Scientific classification
- Kingdom: Animalia
- Phylum: Mollusca
- Class: Gastropoda
- Subclass: Caenogastropoda
- Order: Neogastropoda
- Superfamily: Conoidea
- Family: Raphitomidae
- Genus: Daphnella
- Species: D. xylois
- Binomial name: Daphnella xylois Melvill & Standen, 1901

= Daphnella xylois =

- Authority: Melvill & Standen, 1901

Species of gastropod

Daphnella xylois is a species of sea snail, a marine gastropod mollusc in the family Raphitomidae.

This is a taxon inquirendum.

==Description==
The length of the shell attains 13 mm, its diameter 4.5 mm.

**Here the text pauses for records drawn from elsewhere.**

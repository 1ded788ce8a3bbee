-- ===== src/Base/Json.antt =====
-- A decoded JSON value: what `json.loads` returns. A number is a natural number.
use mathlib.Core.Path.{◌≡◌, refl}
use mathlib.Core.List.{List, [], ◌∷◌}
use mathlib.Core.Bool.{Bool}
use mathlib.Core.Option.{Option, none, some}
use Prim.Native.Nat.{ℕ}
use arguss.Base.Tests.{if◌then◌else◌}
use arguss.Base.Texts.{Text, text_eq, text_eq_iff}
use native.Mathlib.Omega.{arith}

mutual
  pub data Json : Type 0 where
    null : Json
    bool : Bool → Json
    number : ℕ → Json
    string : Text → Json
    array : Items → Json
    object : Members → Json

  pub data Items : Type 0 where
    no_items : Items
    item : Json → Items → Items

  pub data Members : Type 0 where
    no_members : Members
    member : Text → Json → Members → Members

-- members.get(key)
unfoldable pub get : Text → Members → Option Json
get key no_members = none
get key (member k j ms) = if text_eq k key then some j else get key ms

-- members[key] = j
unfoldable pub set : Text → Json → Members → Members
set key j no_members = member key j no_members
set key j (member k i ms) = if text_eq k key then member k j ms else member k i (set key j ms)

-- The value, if it is a string.
abbrev pub string_of : Option Json → Option Text
string_of (some (string s)) = some s
string_of _ = none

-- The members, if it is an object.
abbrev pub object_of : Option Json → Option Members
object_of (some (object ms)) = some ms
object_of _ = none

abbrev pub member_keys : Members → List Text
member_keys no_members = []
member_keys (member k j ms) = k ∷ member_keys ms

pub get-set :
    (k key : Text) (j : Json) (ms : Members)
    → get key (set k j ms) ≡ (if text_eq k key then some j else get key ms)
unfolding get set
get-set k key j no_members = refl
get-set k key j (member i v ms) =
    ground (arith, text_eq_iff k key, text_eq_iff i k, text_eq_iff i key, get-set k key j ms)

This delicate, white, fusiform shell contains 9½ whorls, of which 2½ in the protoconch. It is beautifully encircled with microscopic cancellae, which are gemmuled at the points of junction, giving a sericeous appearance to the surface when examined with an ordinary lens of low power. Under a higher objective the protoconch is perceived to be vitreous, most delicately cancellate throughout. The next three whorls possess coarse varicose longitudinal ribs. The remaining whorls are all plane and clouded with flame-like chestnut markings. The white aperture is oblong. The sinus of the holotype (probably not full grown) is not discernible. The outer lip is slightly effuse. The columella is thin. The siphonal canal is extremely short.

==Distribution==
This marine species occurs in the Gulf of Oman.